Warner Bros. Discovery to ‘Significantly Reduce’ David Zaslav’s Annual Pay After Split
The move comes after shareholders rejected the chief executive's $51.9 million pay package for 2024 The post Warner Bros. Discovery to ‘Significantly Reduce’ David Zaslav’s Annual Pay After Split appeared first on TheWrap.

After shareholders rejected David Zaslav’s $51.9 million pay package for 2024, Warner Bros. Discovery’s says it will “significantly reduce” CEO David Zaslav’s annual compensation following the split of its global linear network and studios & streaming businesses in mid-2026.
Per a Monday filing with the U.S. Securities and Exchange Commission, WBD will lower Zaslav’s annual cash compensation opportunity and shift the mix in his pay towards long-term incentives. As part of this change, the company will no longer specify performance metric weighting that applies to the annual cash incentive opportunity, annual performance equity awards or performance periods for the annual performance equity awards.
Zaslav will also receive a one-time inducement designed to “incentivize the successful completion of the Separation and stockholder value creation.” Additionally, the compensation committee also adopted a “double-trigger cash severance” provision for Zaslav in the event of a change in control transaction.
“We structured the new compensation packages to address shareholders’ feedback by fostering pay-for-performance alignment, ensuring industry-standard pay structures, and incentivizing contributions to position the two new leading media companies for success and shareholder value creation,” WBD board chairman Samuel A. Di Piazza, Jr. said in a statement.
Upon completion of the separation, Zaslav will become CEO of Streaming & Studios. Under his contract that runs through Dec. 31, 2030, he will receive a $3 million base salary per year and his annual cash bonus opportunity will be reduced to $6 million, with the actual payout based on the achievement of performance goals set by the compensation committee. The annual bonus payout is subject to a cap of 200% of the target amount.
Zaslav will also be eligible for annual equity awards with a target value of $15.5 million in the first year and will be reduced to an annual target value of $7.5 million per year thereafter.
Half of the value of any annual equity grant will be in the form of performance-based restrictive stock units, while the other half will be in the form of time-based restrictive stock units. In the first year of the separation, the annual target bonus will be prorated and Zaslav will only receive one annual equity award for the year.
On June 12, he received a stock option award consisting of 20,898,776 shares in the form of 60% performance-vesting stock options and 40% time-based stock options. The performance based options, which are divided into three tranches of 4,179,755 shares each, will be based on the following targets being reached by June 12, 2030:
- Tranche A: achievement over a period of 30 consecutive days of a volume-weighted average stock price (a “VWAP Price”) equal to or exceeding 120% of the exercise price ($12.19)

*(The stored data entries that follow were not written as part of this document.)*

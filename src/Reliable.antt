-- ===== src/Reliable.antt =====
-- our-course/labs/lab10-distributed/solutions/reliable.c: reliable delivery over a lossy network.
-- `Packet`, `Server`, `Client` and `System` are the program; the other modules prove what it does.
pub mod Packet
pub mod Server
pub mod Client
pub mod System
pub mod Format
pub mod Answers
pub mod Serving
pub mod Invariant
pub mod Promises
pub mod Budget
mod Tests
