-- ===== src/Reliable/Packet.antt =====
-- our-course/labs/lab10-distributed/solutions/reliable.c: packets, written and read with message
-- buffers. What an array holds before it is written is a parameter, `storage`.
use ia_operating_systems.Base.{ℕ, ltb, if◌then◌else◌}
use ia_operating_systems.Msg.{Mbuf, mb_winit, mb_rinit, mb_put_u32, mb_put_bytes, mb_get_u32}

pub record Packet : Type 0 where
  pub bytes : ℕ → ℕ
  pub size : ℕ

abbrev pub max_packet : ℕ
max_packet = 1400

abbrev pub t_data : ℕ
t_data = 1

abbrev pub t_ack : ℕ
t_ack = 2

abbrev pub t_fin : ℕ
t_fin = 3

abbrev pub rel_magic : ℕ
rel_magic = 0x52454C31

-- The three numbers before the payload.
unfoldable pub put_head : (ℕ → ℕ) → ℕ → ℕ → Mbuf
put_head storage type seq =
    mb_put_u32 (mb_put_u32 (mb_put_u32 (mb_winit storage max_packet) rel_magic) type) seq

unfoldable pub packed : (ℕ → ℕ) → ℕ → ℕ → (ℕ → ℕ) → ℕ → Mbuf
packed storage type seq payload plen =
    let m = put_head storage type seq in if ltb 0 plen then mb_put_bytes m payload plen else m

abbrev pub pack : (ℕ → ℕ) → ℕ → ℕ → (ℕ → ℕ) → ℕ → Packet
pack storage type seq payload plen =
    let m = packed storage type seq payload plen in record { bytes = m.p; size = m.len }

-- The three numbers that begin a packet, and the buffer after them.
pub record Head : Type 0 where
  pub magic : ℕ
  pub type : ℕ
  pub seq : ℕ
  pub rest : Mbuf

unfoldable pub head : Packet → Head
head pkt =
    let (magic, m1) = mb_get_u32 (mb_rinit pkt.bytes pkt.size) in
    let (type, m2) = mb_get_u32 m1 in
    let (seq, m3) = mb_get_u32 m2 in record { magic = magic; type = type; seq = seq; rest = m3 }

-- What `net_recv` comes back with: a packet, -1 or -2.
pub data Received : Type 0 where
  got : Packet → Received
  timed_out failed : Received
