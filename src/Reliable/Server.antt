-- ===== src/Reliable/Server.antt =====
-- our-course/labs/lab10-distributed/solutions/reliable.c: the rounds of `server`. The lines that it
-- prints are the list `app`; its packets all come from one client, to which it answers.
use ia_operating_systems.Base.{
  ℕ, zero, suc, ◌+◌, ◌-◌, ◌%◌, ◌^◌, Bool, true, false, not, ◌==◌, ltb, leb, if◌then◌else◌, Option,
  none, some, List, [], ◌∷◌, ◌++◌,
}
use ia_operating_systems.Msg.{mb_get_bytes, mb_remain}
use ia_operating_systems.Reliable.Packet.{
  Packet, max_packet, t_data, t_ack, t_fin, rel_magic, pack, Head, head, Received, got, timed_out,
  failed,
}

pub record Server : Type 0 where
  pub expected : ℕ
  pub delivered : ℕ
  pub dups : ℕ
  pub fin_seen : Bool
  pub fin_seq : ℕ
  pub app : List (List ℕ)

abbrev pub fresh_server : Server
fresh_server = record {
  expected = 0;
  delivered = 0;
  dups = 0;
  fin_seen = false;
  fin_seq = 0;
  app = [];
}

-- The string in the `n` bytes from `i` on: it ends at the first NUL.
unfoldable pub c_string : (ℕ → ℕ) → ℕ → ℕ → List ℕ
c_string bytes i zero = []
c_string bytes i (suc n) =
    let rest = c_string bytes (suc i) n in if bytes i == 0 then [] else bytes i ∷ rest

-- The payload that is printed, of which the array holds `storage` before.
unfoldable pub payload_of : (ℕ → ℕ) → Head → List ℕ
payload_of storage h =
    let plen = if leb max_packet (mb_remain h.rest) then max_packet - 1 else mb_remain h.rest in
    c_string (mb_get_bytes h.rest storage plen).0 0 plen

abbrev pub ack : (ℕ → ℕ) → ℕ → Packet
ack storage seq = pack storage t_ack seq (λ i. 0) 0

abbrev pub deliver : (ℕ → ℕ) → Server → Head → Server
deliver storage s h = record s {
  expected = (s.expected + 1) % 2 ^ 32;
  delivered = s.delivered + 1;
  app = s.app ++ payload_of storage h ∷ [];
}

-- What the server makes of a packet with this head, and its answer.
unfoldable pub serve_head : (ℕ → ℕ) → Server → Head → Server × Option Packet
serve_head storage s h =
    if not (h.magic == rel_magic)
    then (s, none)
    else if h.type == t_data
    then (if h.seq == s.expected
        then (deliver storage s h, some (ack storage h.seq))
        else if ltb h.seq s.expected
        then (record s { dups = s.dups + 1 }, some (ack storage h.seq))
        else (s, none))
    else if h.type == t_fin
    then (let fin_seq = if s.fin_seen then s.fin_seq else h.seq in
        (record s { fin_seen = true; fin_seq = fin_seq }, some (ack storage fin_seq)))
    else (s, none)

unfoldable pub serve_packet : (ℕ → ℕ) → Server → Packet → Server × Option Packet
serve_packet storage s pkt = if ltb pkt.size 12 then (s, none) else serve_head storage s (head pkt)

-- One round of the loop: whether it goes on, and what the server is then and sends.
unfoldable pub server_round : (ℕ → ℕ) → Server → Received → Bool × Server × Option Packet
server_round storage s timed_out = (not s.fin_seen, s, none)
server_round storage s failed = (true, s, none)
server_round storage s (got pkt) = let (s', out) = serve_packet storage s pkt in (true, s', out)
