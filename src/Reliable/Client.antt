-- ===== src/Reliable/Client.antt =====
-- our-course/labs/lab10-distributed/solutions/reliable.c: `client` and `send_reliably` as the steps
-- between two calls of `net_recv`.
use ia_operating_systems.Base.{
  ℕ, suc, ◌+◌, ◌%◌, ◌^◌, Bool, ◌&&◌, ◌==◌, ltb, leb, if◌then◌else◌, Option, none, some,
}
use ia_operating_systems.Reliable.Packet.{
  Packet, t_data, t_ack, t_fin, rel_magic, pack, head, Received, got, timed_out, failed,
}

-- The arguments of the client, what `snprintf` writes for each message, and what its arrays hold
-- before they are written.
pub record Setup : Type 0 where
  pub n : ℕ
  pub retries : ℕ
  pub payload : ℕ → ℕ → ℕ
  pub plen : ℕ → ℕ
  pub storage : ℕ → ℕ

-- Before the first transmission of a packet, after so many retransmissions, or done.
pub data Pc : Type 0 where
  ready : Pc
  waiting : ℕ → Pc
  finished : Pc

pub record Client : Type 0 where
  pub pc : Pc
  pub i : ℕ
  pub sent : ℕ
  pub acked : ℕ
  pub retrans : ℕ
  pub giveups : ℕ

abbrev pub fresh_client : Client
fresh_client = record { pc = ready; i = 0; sent = 0; acked = 0; retrans = 0; giveups = 0 }

-- The packet of message `i`, or the one that closes the stream.
unfoldable pub packet_of : Setup → ℕ → Packet
packet_of p i =
    if ltb i p.n
    then pack p.storage t_data (i % 2 ^ 32) (p.payload i) (p.plen i)
    else pack p.storage t_fin (p.n % 2 ^ 32) (λ k. 0) 0

-- The first transmission.
unfoldable pub client_send : Setup → Client → Client × Packet
client_send p c = (
  record c { pc = waiting 0; sent = if ltb c.i p.n then c.sent + 1 else c.sent },
  packet_of p c.i,
)

-- On to the next packet with the result of `send_reliably`, -1 as `none`.
unfoldable pub next_packet : Setup → Client → Option ℕ → Client
next_packet p c none =
    if ltb c.i p.n
    then record c { pc = ready; i = c.i + 1; giveups = c.giveups + 1 }
    else record c { pc = finished; giveups = c.giveups + 1 }
next_packet p c (some r) =
    if ltb c.i p.n
    then record c { pc = ready; i = c.i + 1; acked = c.acked + 1; retrans = c.retrans + r }
    else record c { pc = finished; retrans = c.retrans + r }

-- Whether a packet acknowledges the one with this number.
unfoldable pub acknowledges : Packet → ℕ → Bool
acknowledges pkt seq =
    let h = head pkt in leb 12 pkt.size && h.magic == rel_magic && h.type == t_ack && h.seq == seq

-- One round of the loop of `send_reliably` after `r` retransmissions, and what it sends.
unfoldable pub client_round : Setup → Client → ℕ → Received → Client × Option Packet
client_round p c r (got pkt) =
    (if acknowledges pkt (c.i % 2 ^ 32) then next_packet p c (some r) else c, none)
client_round p c r failed = (c, none)
client_round p c r timed_out =
    if leb p.retries r
    then (next_packet p c none, none)
    else (record c { pc = waiting (suc r) }, some (packet_of p c.i))

-- Whether the exit status is 0.
abbrev pub success : Client → Bool
success c = c.acked == c.sent && c.giveups == 0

- Tranche B: achievement of a VWAP price equal to or exceeding 150% of the exercise price ($15.24)
- Tranche C: achievement of a VWAP price equal to or exceeding 165% of the exercise price ($16.76)
Additionally, he’ll receive an option award for 3,052,734 shares on Jan. 2, 2026, which will be subject to the same split of performance-vesting and time-based vesting conditions, provided that he remains employed on that date. 92% of the stock option grant is subject to forfeiture if a separation or a qualifying transaction does not occur prior to Dec. 31, 2026. If WBD’s stock price exceeds $10.16 per share on Jan. 2, Zaslav will receive additional awards to address lost economic value attributable to the higher exercise price.
Under the new agreement, Zaslav will no longer have a “walk away right,” which allows him to voluntarily terminate his employment between 30 and 60 days following a change in control and receive substantial severance benefits.
Zaslav will continue to be required to hold 1.5 million WBD shares until the separation and an equivalent number of shares of Streaming & Studios following the separation.
Prior to the separation, Zaslav will be eligible for the same employee benefits that he was entitled to under the prior agreement. Those benefits include four weeks of vacation per year, insurance and retirement plans, a car allowance of $1,400 per month and use of a company-provided or other private aircraft for up to 125 hours of personal use per year. If the separation doesn’t occur, those benefits will be available through Dec. 31, 2027.